Cornwall's rugged landscape and scenery have been used by film and television companies as a backdrop for some of their productions.

The most recent critically and commercially successful film to be made mostly in Cornwall was the 2019 musical comedy, Fisherman's Friends and its 2022 sequel which in turn was inspired by the true story of the folk band of the same name and was shot in and around Port Isaac near Wadebridge. Cornwall's links with film and television go back to the 1930s when Jamaica Inn was shot at Bolventor but the oldest recorded films made in Cornwall date back to 1899 when a short, silent, black and white documentary film, Wreck of the S.S. Paris was filmed at the Manacle Rocks near the Lizard, and in 1904 black and white, silent film, sponsored by the Great Western Railway as a promotional film for holidays in Cornwall, called Scenes in the Cornish Riviera was filmed at the Royal Albert Bridge at Saltash, Looe, Polperro, Newquay, Truro, Falmouth, Penzance, St Michael's Mount, Lands End and St Ives.
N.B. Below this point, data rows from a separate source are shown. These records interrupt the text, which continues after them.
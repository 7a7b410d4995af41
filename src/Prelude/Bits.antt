-- ===== src/Prelude/Bits.antt =====
-- `&` and `|` on numbers: the law of their lowest digit, and words read as a high and a low part.
use Prim.Native.Nat.{ℕ, zero, suc, ◌+◌, ◌-◌, ◌*◌, ◌/◌, ◌%◌, ◌^◌, ◌≤◌, ◌<◌, min, max}
use Prim.Native.Nat.{bit_and, bit_or, digits, bit_and-bitwise, bit_or-bitwise}
use mathlib.Core.Path.{◌≡◌, refl, ap, ◌∙◌, sym}
use native.Mathlib.Omega.{arith}
use native.Mathlib.Nat.{pow-suc, one-le-pow, div-add-mod', mod-lt, div-div-eq-div-mul}

-- Any fuel from `a` on gives the digits that `a` itself gives.
stable :
    (rest : ℕ → ℕ) (op : ℕ → ℕ → ℕ) (bound n a b : ℕ)
    → a ≤ bound
    → a ≤ n
    → digits rest op n a b ≡ digits rest op a a b
stable rest op bound zero zero b s h = refl
stable rest op bound (suc n) zero b s h = refl
stable rest op bound zero (suc a) b s h = absurd (omega arith)
stable rest op zero (suc n) (suc a) b s h = absurd (omega arith)
stable rest op (suc bound) (suc n) (suc a) b s h =
    let half : ℕ = suc a / 2 in
    let from_n = stable rest op bound n half (b / 2) (omega arith) (omega arith) in
    let from_a = stable rest op bound a half (b / 2) (omega arith) (omega arith) in
    omega (arith, from_n, from_a)

-- the law of the lowest digit
abbrev IsBitwise : (bit op : ℕ → ℕ → ℕ) → Type 0
IsBitwise bit op = (a b : ℕ) → bit a b ≡ bit (a / 2) (b / 2) * 2 + op (a % 2) (b % 2)

pub zero-bit_and : (b : ℕ) → bit_and 0 b ≡ 0
zero-bit_and b = bit_and-bitwise 0 b

pub zero-bit_or : (b : ℕ) → bit_or 0 b ≡ b
zero-bit_or b = bit_or-bitwise 0 b

pub bit_and-IsBitwise : IsBitwise bit_and min
bit_and-IsBitwise zero b = omega (arith, zero-bit_and (b / 2), zero-bit_and b)
bit_and-IsBitwise (suc n) b =
    let half : ℕ = suc n / 2 in
    let canonical = stable (λ _. 0) min n n half (b / 2) (omega arith) (omega arith) in
    omega (arith, canonical, bit_and-bitwise half (b / 2), bit_and-bitwise (suc n) b)

pub bit_or-IsBitwise : IsBitwise bit_or max
bit_or-IsBitwise zero b = omega (arith, zero-bit_or (b / 2), zero-bit_or b)
bit_or-IsBitwise (suc n) b =
    let half : ℕ = suc n / 2 in
    let canonical = stable (λ c. c) max n n half (b / 2) (omega arith) (omega arith) in
    omega (arith, canonical, bit_or-bitwise half (b / 2), bit_or-bitwise (suc n) b)

double_scale : (k q : ℕ) → q * 2 ^ suc k ≡ q * 2 ^ k + q * 2 ^ k
double_scale k q = omega (arith, ap (λ (p : ℕ). q * p) (pow-suc 2 k))

-- what holds of every operation with such a law
module _ (bit op : ℕ → ℕ → ℕ) (law : IsBitwise bit op) where
  -- Against 0 it is the function that takes the digits one by one in the same way.
  against_zero :
      (g : ℕ → ℕ)
      → bit 0 0 ≡ g 0
      → ((a : ℕ) → g a ≡ g (a / 2) * 2 + op (a % 2) 0)
      → (n a : ℕ) → a ≤ n
      → bit a 0 ≡ g a
  against_zero g start same n zero h = start
  against_zero g start same zero (suc a) h = absurd (omega arith)
  against_zero g start same (suc n) (suc a) h =
      omega
        (arith, law (suc a) 0, same (suc a), against_zero g start same n (suc a / 2) (omega arith))

  module _ (none : bit 0 0 ≡ 0) (digit : (x y : ℕ) → x < 2 → y < 2 → op x y < 2) where
    -- It acts on the digits above the lowest `k` and on those apart.
    parts :
        (k a b c d : ℕ)
        → b < 2 ^ k
        → d < 2 ^ k
        → bit (a * 2 ^ k + b) (c * 2 ^ k + d) ≡ bit a c * 2 ^ k + bit b d
    parts zero a b c d hb hd =
        let low_b : b ≡ 0 = omega arith in
        let low_d : d ≡ 0 = omega arith in
        let whole_a : a * 2 ^ zero + b ≡ a = omega arith in
        let whole_c : c * 2 ^ zero + d ≡ c = omega arith in
        rw (whole_a, whole_c, low_b, low_d) (omega (arith, none))
    parts (suc k) a b c d hb hd =
        let two : 2 ^ suc k ≡ 2 * 2 ^ k = omega (arith, pow-suc 2 k) in
        ground (
          arith,
          law (a * 2 ^ suc k + b) (c * 2 ^ suc k + d),
          law b d,
          double_scale k a,
          double_scale k c,
          double_scale k (bit a c),
          parts k a (b / 2) c (d / 2) (omega (arith, two)) (omega (arith, two)),
        )

    -- Its result has no more digits than its arguments.
    within : (k a d : ℕ) → a < 2 ^ k → d < 2 ^ k → bit a d < 2 ^ k
    within zero a d ha hd =
        let only_a : a ≡ 0 = omega arith in
        let only_d : d ≡ 0 = omega arith in rw (only_a, only_d) (omega (arith, none))
    within (suc k) a d ha hd =
        let two : 2 ^ suc k ≡ 2 * 2 ^ k = omega (arith, pow-suc 2 k) in
        let rest = within k (a / 2) (d / 2) (omega (arith, two)) (omega (arith, two)) in
        omega (arith, law a d, two, rest, digit (a % 2) (d % 2) (omega arith) (omega arith))

min_digit : (x y : ℕ) → x < 2 → y < 2 → min x y < 2
min_digit x y hx hy = omega arith

max_digit : (x y : ℕ) → x < 2 → y < 2 → max x y < 2
max_digit x y hx hy = omega arith

pub bit_and-zero : (a : ℕ) → bit_and a 0 ≡ 0
bit_and-zero a =
    against_zero bit_and min bit_and-IsBitwise (λ _. 0) refl (λ x. omega arith) a a (omega arith)

pub bit_or-zero : (a : ℕ) → bit_or a 0 ≡ a
bit_or-zero a =
    against_zero bit_or max bit_or-IsBitwise (λ x. x) refl (λ x. omega arith) a a (omega arith)

pub bit_and_parts :
    (k a b c d : ℕ)
    → b < 2 ^ k
    → d < 2 ^ k
    → bit_and (a * 2 ^ k + b) (c * 2 ^ k + d) ≡ bit_and a c * 2 ^ k + bit_and b d
bit_and_parts = parts bit_and min bit_and-IsBitwise refl min_digit

pub bit_or_parts :
    (k a b c d : ℕ)
    → b < 2 ^ k
    → d < 2 ^ k
    → bit_or (a * 2 ^ k + b) (c * 2 ^ k + d) ≡ bit_or a c * 2 ^ k + bit_or b d
bit_or_parts = parts bit_or max bit_or-IsBitwise refl max_digit

pub bit_or-lt : (k a d : ℕ) → a < 2 ^ k → d < 2 ^ k → bit_or a d < 2 ^ k
bit_or-lt = within bit_or max bit_or-IsBitwise refl max_digit

-- `&` has no more digits than its mask.
pub bit_and-lt : (k a d : ℕ) → d < 2 ^ k → bit_and a d < 2 ^ k
bit_and-lt zero a d h = let only : d ≡ 0 = omega arith in rw only (omega (arith, bit_and-zero a))
bit_and-lt (suc k) a d h =
    let two : 2 ^ suc k ≡ 2 * 2 ^ k = omega (arith, pow-suc 2 k) in
    let rest = bit_and-lt k (a / 2) (d / 2) (omega (arith, two)) in
    omega (arith, bit_and-IsBitwise a d, two, rest)

two_pow_pos : (k : ℕ) → 1 ≤ 2 ^ k
two_pow_pos k = one-le-pow k 2 (omega arith)

-- A mask of `k` ones keeps a number below `2 ^ k`.
full_mask : (k r : ℕ) → r < 2 ^ k → bit_and r (2 ^ k - 1) ≡ r
full_mask zero r h = let only : r ≡ 0 = omega arith in rw only refl
full_mask (suc k) r h =
    let two : 2 ^ suc k ≡ 2 * 2 ^ k = omega (arith, pow-suc 2 k) in
    let half : (2 ^ suc k - 1) / 2 ≡ 2 ^ k - 1 = omega (arith, two, two_pow_pos k) in
    let rest = full_mask k (r / 2) (omega (arith, two)) in
    omega (
      arith,
      bit_and-IsBitwise r (2 ^ suc k - 1),
      ap (λ (m : ℕ). bit_and (r / 2) m) half,
      rest,
      two,
      two_pow_pos k,
    )

-- It takes the remainder by `2 ^ k`.
pub bit_and_low : (k a : ℕ) → bit_and a (2 ^ k - 1) ≡ a % 2 ^ k
bit_and_low k a =
    let q : ℕ = a / 2 ^ k in
    let r : ℕ = a % 2 ^ k in
    let mask : ℕ = 2 ^ k - 1 in
    let small : r < 2 ^ k = mod-lt a (two_pow_pos k) in
    let no_high : 0 * 2 ^ k + mask ≡ mask = omega arith in
    omega (
      arith,
      ap (λ (x : ℕ). bit_and x mask) (div-add-mod' a (2 ^ k)),
      ap (λ (m : ℕ). bit_and (q * 2 ^ k + r) m) no_high,
      bit_and_parts k q r 0 mask small (omega (arith, two_pow_pos k)),
      full_mask k r small,
      ap (λ (x : ℕ). x * 2 ^ k) (bit_and-zero q),
    )

-- `(a | b) & b` is `b`.
absorb : (bound a b : ℕ) → b ≤ bound → bit_and (bit_or a b) b ≡ b
absorb bound a zero h = bit_and-zero (bit_or a 0)
absorb zero a (suc b) h = absurd (omega arith)
absorb (suc bound) a (suc b) h =
    let half : bit_or a (suc b) / 2 ≡ bit_or (a / 2) (suc b / 2) =
      omega (arith, bit_or-IsBitwise a (suc b)) in
    omega (
      arith,
      bit_or-IsBitwise a (suc b),
      bit_and-IsBitwise (bit_or a (suc b)) (suc b),
      ap (λ (x : ℕ). bit_and x (suc b / 2)) half,
      absorb bound (a / 2) (suc b / 2) (omega arith),
    )

pub bit_and-bit_or_self : (a b : ℕ) → bit_and (bit_or a b) b ≡ b
bit_and-bit_or_self a b = absorb b a b (omega arith)

halve : (k x : ℕ) → x / 2 ^ suc k ≡ x / 2 / 2 ^ k
halve k x =
    let two : 2 ^ suc k ≡ 2 * 2 ^ k = omega (arith, pow-suc 2 k) in
    ap (λ (p : ℕ). x / p) two ∙ sym (div-div-eq-div-mul x 2 (2 ^ k))

-- A digit of `a & b` is the smaller of the two digits.
pub bit_and_digit : (k a b : ℕ) → bit_and a b / 2 ^ k % 2 ≡ min (a / 2 ^ k % 2) (b / 2 ^ k % 2)
bit_and_digit zero a b = omega (arith, bit_and-IsBitwise a b)
bit_and_digit (suc k) a b =
    let half : bit_and a b / 2 ≡ bit_and (a / 2) (b / 2) = omega (arith, bit_and-IsBitwise a b) in
    omega (
      arith,
      halve k (bit_and a b),
      halve k a,
      halve k b,
      ap (λ (x : ℕ). x / 2 ^ k) half,
      bit_and_digit k (a / 2) (b / 2),
    )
In 1971, Sam Peckinpah's infamous movie Straw Dogs, starring Susan George, was filmed at St Buryan and Lamorna. More recent films featuring Cornwall include Saving Grace, set on the north coast around Port Isaac, Boscastle and Trebarwith Strand, and Johnny English, part of which was filmed at St Michael's Mount.

Cornwall's scenery came to particular prominence in the mid-1970s with the serialisation of Poldark, based on the novels of Winston Graham. More recent success has come with Doc Martin, Wycliffe, Wild West, Penmarric (1979 BBC TV series), Frenchman's Creek (1998 TV adaptation) and The Camomile Lawn (1992). In June 2007 it was announced that ex-Neighbours star Jason Donovan is to appear with former EastEnders actress Martine McCutcheon in ITV1's upcoming soap opera about surfing in Cornwall. The former soap stars play ex-lovers in Echo Beach, a post-watershed drama set in fictional coastal resort Polnarren. The show will run in tandem with Moving Wallpaper, a sitcom starring Ben Miller as a producer desperate to make Echo Beach a success.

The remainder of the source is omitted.